By — Janet Stevens / The Bulletin
Published: June 15. 2012 4:00AM PST

This is one way the Merriam-Webster online dictionary defines society: “a community, nation, or broad grouping of people having common traditions, institutions, and collective activities and interests.” It’s a definition that, in many ways, describes what we have here in Oregon and, more broadly, in the United States as a whole.

Oregon is pretty typical of Western states, I’d argue. We’re well-equipped with men and women who think nothing of traveling 120 miles for a short meeting; many of us believe that almost nothing is worse than wearing a suit or high heels; and we’d do almost anything for a weekend outdoors.

And we love our salmon.

We should. They and their ancestors have been part of Oregon history for at least 7 million years, and Indian tribes across much of the state historically relied on salmon as a staple food to be treasured as well as eaten. In Central Oregon, the Warm Springs Indians are among the four tribes that signed treaties with the United States in 1855 granting them perpetual fishing rights on the Columbia River.

It’s the tribes’ history with salmon that is particularly wrenching. The United States granted those 1855 fishing rights in exchange for a substantial chunk of Oregon land, then did not do terribly much to protect the resource. Both state and federal governments have been taken to court more than once to ensure that their salmon promise was kept.

Meanwhile, some of what keeps salmon healthy occurs far from the Columbia River. Whychus Creek, near Sisters, was home to both salmon and steelhead (an oceangoing trout) until the 1960s, when Pelton and Round Butte dams, plus a re-regulating dam, were completed on the Deschutes River. The dams effectively blocked the fish from their childhood homes and spawning grounds there. A huge joint effort by the Confederated Tribes of the Warm Springs and Portland General Electric has, everyone hopes, made fish passage in both directions on the river a reality once again.

Whychus Creek itself was made largely uninhabitable for both salmon and steelhead when it was narrowed and straightened. Today, thanks to the combined efforts of the Deschutes Land Trust, the U.S. Forest Service and the Upper Deschutes Watershed Council, the creek is allowed to meander through Camp Polk Meadow, as it was meant to do.

None of this came cheap. Federal dollars were poured in by the bucketful, and PGE ratepayers are picking up some of the tab for work on the dams. Donors to the land trust received deductions on their income taxes in exchange for their financial support of the cause.

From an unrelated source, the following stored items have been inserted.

-- ===== src/Chainstate/Segments.antt =====
-- The rows of a branch of a well-formed table up to a height, as segments of a path: what
-- Chainstate::GetForkBranch of src/chainstate.cpp reads in a round.
use xayax.Prelude.{
  ℕ, ◌+◌, ◌≤◌, ◌<◌, ◌≡◌, ◌≢◌, ◌⊎◌, inl, inr, refl, ap, sym, ◌∙◌, arith, String, true, List, [], ◌∷◌,
  ◌++◌, some, select, last?, leb, ◌&&◌, subst,
}
use xayax.BlockData.{BlockData, Codec}
use xayax.Chainstate.Table.{Row, on_branch, constraints_hold}
use xayax.Chainstate.Fork.{branch_below, decode, decode_all}
use xayax.Chainstate.Members.{
  In, In-select, In-select_inv, In-order_desc, order_desc-IsDescending, IsDescending,
  le_of_AllBelow, falls, constraints_hold-tail, constraints_hold-order_desc,
  constraints_hold-select, same_row,
}
use xayax.Chainstate.Tree.{IsTree}

-- The rows of a branch up to a height.
pub In-branch_below_inv :
    (b h : ℕ) (q : Row) (rs : List Row)
    → In q (branch_below b h rs)
    → In q rs × (q.branch ≡ b) × (q.height ≤ h)
unfolding branch_below
In-branch_below_inv b h q rs i = ground (
  arith,
  In-select_inv (λ r. on_branch b r && leb r.height h) q rs
      ((In-order_desc q (select (λ r. on_branch b r && leb r.height h) rs)).0 i),
)

pub In-branch_below :
    (b h : ℕ) (q : Row) (rs : List Row)
    → In q rs
    → q.branch ≡ b
    → q.height ≤ h
    → In q (branch_below b h rs)
unfolding branch_below
In-branch_below b h q rs i e l =
    (In-order_desc q (select (λ r. on_branch b r && leb r.height h) rs)).1
      (In-select (λ r. on_branch b r && leb r.height h) q rs i (ground arith))

pub branch_below-IsDescending : (b h : ℕ) (rs : List Row) → IsDescending (branch_below b h rs)
unfolding branch_below
branch_below-IsDescending b h rs =
    order_desc-IsDescending (select (λ q. on_branch b q && leb q.height h) rs)

pub branch_below-keys :
    (b h : ℕ) (rs : List Row)
    → constraints_hold rs ≡ true
    → constraints_hold (branch_below b h rs) ≡ true
unfolding branch_below
branch_below-keys b h rs c =
    constraints_hold-order_desc (select (λ q. on_branch b q && leb q.height h) rs)
      (constraints_hold-select (λ r. on_branch b r && leb r.height h) rs c)

module _ {Json : Type 0} (codec : Codec Json) (rs : List Row) (tree : IsTree codec rs) where
  -- A block that stands for a row.
  abbrev pub Stands : Row → BlockData Json → Type 0
  Stands r blk = decode codec r ≡ some blk

  abbrev pub AllStand : List Row → List (BlockData Json) → Type 0
  AllStand [] [] = Unit {0}
  AllStand [] (b ∷ bs) = ⊥
  AllStand (r ∷ l) [] = ⊥
  AllStand (r ∷ l) (b ∷ bs) = Stands r b × AllStand l bs

  pub Stands-fields :
      (r : Row) (b : BlockData Json)
      → Stands r b
      → (b.hash ≡ r.hash) × (b.parent ≡ r.parent) × (b.height ≡ r.height)
  unfolding decode
  Stands-fields r b e = ground arith

  pub decode_all-total :
      (l : List Row)
      → ((q : Row) → In q l → In q rs)
      → (bs : List (BlockData Json)) × (decode_all codec l ≡ some bs) × AllStand l bs
  unfolding decode_all
  decode_all-total [] i = ([], refl, tt)
  decode_all-total (r ∷ l) i =
      let (b, e) = tree.stored r (i r (inl refl)) in
      let (bs, f, a) = decode_all-total l (λ q j. i q (inr j)) in (b ∷ bs, ground arith, (e, a))

  -- Nothing is known of the hash, or it is on the main chain.
  abbrev pub Ends : String → Type 0
  Ends cur =
      ((p : Row) → In p rs → p.hash ≢ cur) ⊎ ((p : Row) × In p rs × (p.hash ≡ cur) × (p.branch ≡ 0))

  -- The blocks lead from a hash over stored blocks on branches, each the parent of the one before, to
  -- the main chain or to a hash that is not known.
  abbrev pub PathTo : String → List (BlockData Json) → Type 0
  PathTo cur [] = Ends cur
  PathTo cur (b ∷ bs) =
      ((r : Row) × In r rs × (r.hash ≡ cur) × (r.branch ≢ 0) × Stands r b) × PathTo b.parent bs

  -- A list of rows that holds the parent of each but its lowest.
  abbrev pub HoldsParents : List Row → Type 0
  HoldsParents l =
      (r q : Row)
      → In r l
      → In q l
      → q.height < r.height
      → (p : Row) × In p l × (p.hash ≡ r.parent) × (p.height + 1 ≡ r.height)

  abbrev OnBranch : ℕ → List Row → Type 0
  OnBranch k l = (r : Row) → In r l → In r rs × (r.branch ≡ k)

  HoldsParents-tail :
      (q : Row) (l : List Row)
      → ((r : Row) → In r l → r.height < q.height)
      → HoldsParents (q ∷ l)
      → HoldsParents l
  HoldsParents-tail q l below h r s i j lt = go (h r s (inr i) (inr j) lt)
    where
      go :
          ((p : Row) × In p (q ∷ l) × (p.hash ≡ r.parent) × (p.height + 1 ≡ r.height))
          → (p : Row) × In p l × (p.hash ≡ r.parent) × (p.height + 1 ≡ r.height)
      go (p, inl e, f, g) = absurd (ground (arith, below r i))
      go (p, inr k, f, g) = (p, k, f, g)

  next_is_parent :
      (k : ℕ) (q r : Row) (l : List Row)
      → OnBranch k (q ∷ r ∷ l)
      → IsDescending (q ∷ r ∷ l)
      → r.height < q.height
      → HoldsParents (q ∷ r ∷ l)
      → r.hash ≡ q.parent
  next_is_parent k q r l on d lt h = go (h q r (inl refl) (inr (inl refl)) lt)
    where
      go :
          ((p : Row) × In p (q ∷ r ∷ l) × (p.hash ≡ q.parent) × (p.height + 1 ≡ q.height))
          → r.hash ≡ q.parent
      go (p, inl e, f, g) = absurd (ground arith)
      go (p, inr (inl e), f, g) = ground arith
      go (p, inr (inr i), f, g) =
          ap (λ (x : Row). x.hash)
            (same_row r p rs tree.keys (on r (inr (inl refl))).0 (on p (inr (inr i))).0 (
              inr (
                (on r (inr (inl refl))).1 ∙ sym (on p (inr (inr i))).1,
                omega (arith, le_of_AllBelow r.height p l d.1.0 i),
              )))
          ∙ f

  pub segment-PathTo :
      (k : ℕ) (cur : String) (q : Row) (l : List Row) (b : BlockData Json)
      (bs rest : List (BlockData Json)) (last : BlockData Json)
      → k ≢ 0
      → OnBranch k (q ∷ l)
      → IsDescending (q ∷ l)
      → constraints_hold (q ∷ l) ≡ true
      → HoldsParents (q ∷ l)
      → AllStand (q ∷ l) (b ∷ bs)
      → q.hash ≡ cur
      → last? (b ∷ bs) ≡ some last
      → PathTo last.parent rest
      → PathTo cur ((b ∷ bs) ++ rest)
  segment-PathTo k cur q [] b [] rest last n on d c h st e le path =
      let same_block : last ≡ b = ground arith in
      (
        (q, (on q (inl refl)).0, e, (λ z. n (sym (on q (inl refl)).1 ∙ z)), st.0),
        subst (λ (x : BlockData Json). PathTo x.parent rest) same_block path,
      )
  segment-PathTo k cur q [] b (b' ∷ bs) rest last n on d c h st e le path = absurd st.1
  segment-PathTo k cur q (r ∷ l) b [] rest last n on d c h st e le path = absurd st.1
  segment-PathTo k cur q (r ∷ l) b (b' ∷ bs) rest last n on d c h st e le path =
      let lt : r.height < q.height =
        falls q r l c d ((on r (inr (inl refl))).1 ∙ sym (on q (inl refl)).1) in
      (
        (q, (on q (inl refl)).0, e, (λ z. n (sym (on q (inl refl)).1 ∙ z)), st.0),
        segment-PathTo k b.parent r l b' bs rest last n (λ s i. on s (inr i)) d.1
            (constraints_hold-tail q (r ∷ l) c)
            (HoldsParents-tail q (r ∷ l) (λ s i. below s i lt) h) st.1
            (next_is_parent k q r l on d lt h ∙ sym (Stands-fields q b st.0).1) le path,
      )
    where
      below : (s : Row) → In s (r ∷ l) → r.height < q.height → s.height < q.height
      below s (inl f) lt = ground arith
      below s (inr i) lt = omega (arith, le_of_AllBelow r.height s l d.1.0 i)

  pub branch_below-HoldsParents : (k h : ℕ) → HoldsParents (branch_below k h rs)
  branch_below-HoldsParents k h r q i j lt =
      let (ir, er, lr) = In-branch_below_inv k h r rs i in
      let (iq, eq', lq) = In-branch_below_inv k h q rs j in
      let (p, ip, ep, bp) = tree.linked r q ir iq (ground arith) lt in
      let up : p.height + 1 ≡ r.height = tree.heights r p ir ip ep in
      (p, In-branch_below k h p rs ip (bp ∙ er) (omega arith), ep, up)

  pub last-Stands :
      (l : List Row) (bs : List (BlockData Json)) (b : BlockData Json)
      → AllStand l (b ∷ bs)
      → (z : BlockData Json) × (last? (b ∷ bs) ≡ some z) × ((r : Row) × In r l × Stands r z)
  last-Stands [] bs b a = elim a [ ]
  last-Stands (r ∷ l) [] b a = (b, refl, (r, inl refl, a.0))
  last-Stands (r ∷ []) (b' ∷ bs) b a = elim a.1 [ ]
  last-Stands (r ∷ q ∷ l) (b' ∷ bs) b a =
      let (z, e, (s, i, st)) = last-Stands (q ∷ l) bs b' a.1 in (z, e, (s, inr i, st))

  pub last?-append :
      (xs : List (BlockData Json)) (b : BlockData Json) (bs : List (BlockData Json))
      → last? (xs ++ (b ∷ bs)) ≡ last? (b ∷ bs)
  last?-append [] b bs = refl
  last?-append (x ∷ []) b bs = refl
  last?-append (x ∷ y ∷ xs) b bs = last?-append (y ∷ xs) b bs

Some critics argue that the whole thing was a big waste of government money at a time when there’s not enough to go around. The problem, they contend, is compounded by burdening PGE ratepayers and by granting tax deductions to private donors.

Yet it’s the federal government that allowed the dams to be built in the first place, at a time when their likely impact on fish was known. As for PGE ratepayers, one could argue that they’ve benefited for 40 years from the ample, relatively inexpensive power the dams produce.

Finally, there’s the charitable deduction for private donors. Like it or not, those who give money to causes are encouraged to do so by current tax law, and those causes run the gamut from fish habitat restoration to the financial health of orchestras, artists and acting companies. Meet the requirements to become a nonprofit agency, and your supporters are entitled to that tax break.

That’s as it should be, I believe. If the government is going to encourage charitable giving, it can hardly put itself in the position of deciding which cause is worthy and which is not. There are those who firmly believe that if patrons of the arts will not support them, those arts should be allowed to die, just as there are those who think money spent on fish is a waste of cash.

That giving, whether to salmon or to children’s causes or to the arts, is part of what makes American society what it is today. It’s a part of our culture, just as salmon are part of the culture of Oregon.

— Janet Stevens is deputy editor of The Bulletin.